## Exercise objective
Beginning at the line containing "go (read_chunk t.wakes s.flow.server_history" in the material below and ending at the line containing "(Fits (turn r s).0.flow", return each line exactly and add nothing.
Input for this task START
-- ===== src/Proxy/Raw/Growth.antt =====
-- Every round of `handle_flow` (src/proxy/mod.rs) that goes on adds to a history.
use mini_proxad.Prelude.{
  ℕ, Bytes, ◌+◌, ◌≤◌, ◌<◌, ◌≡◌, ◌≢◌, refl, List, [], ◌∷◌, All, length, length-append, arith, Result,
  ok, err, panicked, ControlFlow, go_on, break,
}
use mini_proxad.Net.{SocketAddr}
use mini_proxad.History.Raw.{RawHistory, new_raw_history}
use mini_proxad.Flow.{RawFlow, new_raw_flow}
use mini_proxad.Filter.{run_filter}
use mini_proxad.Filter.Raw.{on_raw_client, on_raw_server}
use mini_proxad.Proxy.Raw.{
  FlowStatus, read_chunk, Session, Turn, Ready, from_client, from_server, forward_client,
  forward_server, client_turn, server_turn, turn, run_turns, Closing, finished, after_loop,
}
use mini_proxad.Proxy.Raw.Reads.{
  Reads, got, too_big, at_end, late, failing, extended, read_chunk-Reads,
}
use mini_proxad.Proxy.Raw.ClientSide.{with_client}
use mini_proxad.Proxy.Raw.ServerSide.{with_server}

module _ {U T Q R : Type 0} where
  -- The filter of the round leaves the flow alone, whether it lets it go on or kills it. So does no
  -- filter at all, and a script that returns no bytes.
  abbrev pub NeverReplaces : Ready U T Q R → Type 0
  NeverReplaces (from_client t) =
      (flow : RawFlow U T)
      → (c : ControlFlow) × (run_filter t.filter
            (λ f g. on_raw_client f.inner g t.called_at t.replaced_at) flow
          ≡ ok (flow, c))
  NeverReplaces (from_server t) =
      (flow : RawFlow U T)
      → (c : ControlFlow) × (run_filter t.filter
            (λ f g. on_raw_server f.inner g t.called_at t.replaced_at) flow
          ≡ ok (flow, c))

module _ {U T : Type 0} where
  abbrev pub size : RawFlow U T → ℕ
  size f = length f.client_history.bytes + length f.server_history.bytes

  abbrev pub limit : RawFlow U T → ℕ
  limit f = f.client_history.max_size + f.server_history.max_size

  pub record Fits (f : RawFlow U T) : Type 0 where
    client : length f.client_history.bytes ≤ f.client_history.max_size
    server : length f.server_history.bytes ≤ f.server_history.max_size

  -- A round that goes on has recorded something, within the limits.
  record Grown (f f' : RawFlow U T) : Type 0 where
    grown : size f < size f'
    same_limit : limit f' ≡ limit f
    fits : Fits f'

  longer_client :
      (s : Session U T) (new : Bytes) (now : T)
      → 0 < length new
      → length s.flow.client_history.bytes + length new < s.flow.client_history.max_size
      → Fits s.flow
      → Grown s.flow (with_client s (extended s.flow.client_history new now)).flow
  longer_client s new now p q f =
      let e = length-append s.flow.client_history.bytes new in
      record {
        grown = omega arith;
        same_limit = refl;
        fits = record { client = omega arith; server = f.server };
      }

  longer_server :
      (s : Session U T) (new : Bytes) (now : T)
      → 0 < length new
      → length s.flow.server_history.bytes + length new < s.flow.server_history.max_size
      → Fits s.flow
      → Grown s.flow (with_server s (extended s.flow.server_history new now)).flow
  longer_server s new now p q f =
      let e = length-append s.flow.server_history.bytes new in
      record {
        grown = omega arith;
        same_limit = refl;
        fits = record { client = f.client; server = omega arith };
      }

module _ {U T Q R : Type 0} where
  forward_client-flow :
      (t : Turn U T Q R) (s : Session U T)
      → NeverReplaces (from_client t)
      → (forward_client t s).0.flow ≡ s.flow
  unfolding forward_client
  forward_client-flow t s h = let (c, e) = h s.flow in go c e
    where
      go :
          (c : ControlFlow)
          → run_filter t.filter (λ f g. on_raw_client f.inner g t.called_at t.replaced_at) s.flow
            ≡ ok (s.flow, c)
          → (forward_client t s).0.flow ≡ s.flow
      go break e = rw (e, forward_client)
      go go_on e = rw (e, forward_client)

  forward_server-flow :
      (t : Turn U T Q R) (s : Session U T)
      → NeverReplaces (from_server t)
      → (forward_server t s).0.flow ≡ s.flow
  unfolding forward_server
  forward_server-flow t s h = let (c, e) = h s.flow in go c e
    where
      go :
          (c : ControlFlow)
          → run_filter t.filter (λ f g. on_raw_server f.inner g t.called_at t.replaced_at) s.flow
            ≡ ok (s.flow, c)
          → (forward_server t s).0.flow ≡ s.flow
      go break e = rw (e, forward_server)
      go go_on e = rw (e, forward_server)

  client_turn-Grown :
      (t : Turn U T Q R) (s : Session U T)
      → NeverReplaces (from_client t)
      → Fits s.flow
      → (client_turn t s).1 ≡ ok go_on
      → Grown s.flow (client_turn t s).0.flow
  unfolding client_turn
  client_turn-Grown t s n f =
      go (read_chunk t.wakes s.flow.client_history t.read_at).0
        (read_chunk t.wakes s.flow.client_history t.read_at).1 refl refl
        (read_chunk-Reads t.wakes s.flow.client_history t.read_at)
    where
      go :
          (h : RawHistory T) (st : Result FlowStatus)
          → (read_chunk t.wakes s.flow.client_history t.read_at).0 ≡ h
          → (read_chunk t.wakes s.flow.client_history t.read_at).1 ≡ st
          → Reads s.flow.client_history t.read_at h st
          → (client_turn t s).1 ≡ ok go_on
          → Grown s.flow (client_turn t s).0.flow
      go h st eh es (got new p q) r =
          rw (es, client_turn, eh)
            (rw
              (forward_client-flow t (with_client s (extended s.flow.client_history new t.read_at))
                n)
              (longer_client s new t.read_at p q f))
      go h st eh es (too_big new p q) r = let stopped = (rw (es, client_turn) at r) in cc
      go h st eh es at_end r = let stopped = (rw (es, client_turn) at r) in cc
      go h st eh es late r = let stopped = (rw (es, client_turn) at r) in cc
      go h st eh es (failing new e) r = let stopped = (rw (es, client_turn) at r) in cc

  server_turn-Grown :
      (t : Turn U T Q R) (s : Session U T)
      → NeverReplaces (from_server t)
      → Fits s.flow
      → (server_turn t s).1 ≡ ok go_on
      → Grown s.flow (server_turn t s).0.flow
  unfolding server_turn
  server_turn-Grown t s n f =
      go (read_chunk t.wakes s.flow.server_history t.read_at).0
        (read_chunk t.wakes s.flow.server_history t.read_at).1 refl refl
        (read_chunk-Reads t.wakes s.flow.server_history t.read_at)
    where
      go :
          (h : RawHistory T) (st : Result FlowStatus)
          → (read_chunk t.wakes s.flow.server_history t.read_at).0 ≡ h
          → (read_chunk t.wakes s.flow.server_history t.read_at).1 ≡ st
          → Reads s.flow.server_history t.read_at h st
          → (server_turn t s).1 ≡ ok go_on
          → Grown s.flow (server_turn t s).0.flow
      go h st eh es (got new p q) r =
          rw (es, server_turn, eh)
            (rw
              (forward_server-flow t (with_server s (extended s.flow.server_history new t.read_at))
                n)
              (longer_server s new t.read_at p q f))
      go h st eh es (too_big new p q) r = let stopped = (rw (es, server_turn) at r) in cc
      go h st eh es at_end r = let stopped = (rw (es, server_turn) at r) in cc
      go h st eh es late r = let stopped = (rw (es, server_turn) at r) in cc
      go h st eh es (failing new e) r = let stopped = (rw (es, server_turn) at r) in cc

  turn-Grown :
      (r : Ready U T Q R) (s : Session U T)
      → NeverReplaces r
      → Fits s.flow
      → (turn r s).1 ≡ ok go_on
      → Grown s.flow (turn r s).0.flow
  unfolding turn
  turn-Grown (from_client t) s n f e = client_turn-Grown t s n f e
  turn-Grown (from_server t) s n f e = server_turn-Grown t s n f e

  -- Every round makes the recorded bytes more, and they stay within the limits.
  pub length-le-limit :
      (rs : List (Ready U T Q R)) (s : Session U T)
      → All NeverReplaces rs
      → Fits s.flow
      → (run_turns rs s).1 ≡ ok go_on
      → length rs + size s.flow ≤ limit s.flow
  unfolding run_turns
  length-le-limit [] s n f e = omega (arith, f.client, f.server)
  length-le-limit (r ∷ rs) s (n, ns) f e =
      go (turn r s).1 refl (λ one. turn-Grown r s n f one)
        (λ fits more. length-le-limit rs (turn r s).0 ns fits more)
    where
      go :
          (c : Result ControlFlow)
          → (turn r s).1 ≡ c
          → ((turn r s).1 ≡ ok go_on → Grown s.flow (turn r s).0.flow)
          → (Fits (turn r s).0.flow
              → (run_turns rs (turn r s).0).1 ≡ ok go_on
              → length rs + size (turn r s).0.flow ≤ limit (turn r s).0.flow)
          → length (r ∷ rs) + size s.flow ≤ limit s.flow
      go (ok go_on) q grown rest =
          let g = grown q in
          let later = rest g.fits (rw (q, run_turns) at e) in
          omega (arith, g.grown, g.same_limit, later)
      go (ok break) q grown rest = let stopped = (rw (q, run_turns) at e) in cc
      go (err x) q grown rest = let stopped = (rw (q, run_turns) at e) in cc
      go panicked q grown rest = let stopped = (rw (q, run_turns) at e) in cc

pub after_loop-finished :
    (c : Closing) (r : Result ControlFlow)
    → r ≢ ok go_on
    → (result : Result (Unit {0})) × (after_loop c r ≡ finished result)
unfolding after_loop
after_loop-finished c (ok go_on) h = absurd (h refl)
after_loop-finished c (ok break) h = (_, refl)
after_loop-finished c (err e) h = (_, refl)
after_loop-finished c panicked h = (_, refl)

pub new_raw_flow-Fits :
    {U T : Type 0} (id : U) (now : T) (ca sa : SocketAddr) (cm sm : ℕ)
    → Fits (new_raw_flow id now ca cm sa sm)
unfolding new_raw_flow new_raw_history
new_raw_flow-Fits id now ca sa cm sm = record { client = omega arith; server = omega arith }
Input for this task END
## Final answer
      go (read_chunk t.wakes s.flow.server_history t.read_at).0
        (read_chunk t.wakes s.flow.server_history t.read_at).1 refl refl
        (read_chunk-Reads t.wakes s.flow.server_history t.read_at)
    where
      go :
          (h : RawHistory T) (st : Result FlowStatus)
          → (read_chunk t.wakes s.flow.server_history t.read_at).0 ≡ h
          → (read_chunk t.wakes s.flow.server_history t.read_at).1 ≡ st
          → Reads s.flow.server_history t.read_at h st
          → (server_turn t s).1 ≡ ok go_on
          → Grown s.flow (server_turn t s).0.flow
      go h st eh es (got new p q) r =
          rw (es, server_turn, eh)
            (rw
              (forward_server-flow t (with_server s (extended s.flow.server_history new t.read_at))
                n)
              (longer_server s new t.read_at p q f))
      go h st eh es (too_big new p q) r = let stopped = (rw (es, server_turn) at r) in cc
      go h st eh es at_end r = let stopped = (rw (es, server_turn) at r) in cc
      go h st eh es late r = let stopped = (rw (es, server_turn) at r) in cc
      go h st eh es (failing new e) r = let stopped = (rw (es, server_turn) at r) in cc

  turn-Grown :
      (r : Ready U T Q R) (s : Session U T)
      → NeverReplaces r
      → Fits s.flow
      → (turn r s).1 ≡ ok go_on
      → Grown s.flow (turn r s).0.flow
  unfolding turn
  turn-Grown (from_client t) s n f e = client_turn-Grown t s n f e
  turn-Grown (from_server t) s n f e = server_turn-Grown t s n f e

  -- Every round makes the recorded bytes more, and they stay within the limits.
  pub length-le-limit :
      (rs : List (Ready U T Q R)) (s : Session U T)
      → All NeverReplaces rs
      → Fits s.flow
      → (run_turns rs s).1 ≡ ok go_on
      → length rs + size s.flow ≤ limit s.flow
  unfolding run_turns
  length-le-limit [] s n f e = omega (arith, f.client, f.server)
  length-le-limit (r ∷ rs) s (n, ns) f e =
      go (turn r s).1 refl (λ one. turn-Grown r s n f one)
        (λ fits more. length-le-limit rs (turn r s).0 ns fits more)
    where
      go :
          (c : Result ControlFlow)
          → (turn r s).1 ≡ c
          → ((turn r s).1 ≡ ok go_on → Grown s.flow (turn r s).0.flow)
          → (Fits (turn r s).0.flow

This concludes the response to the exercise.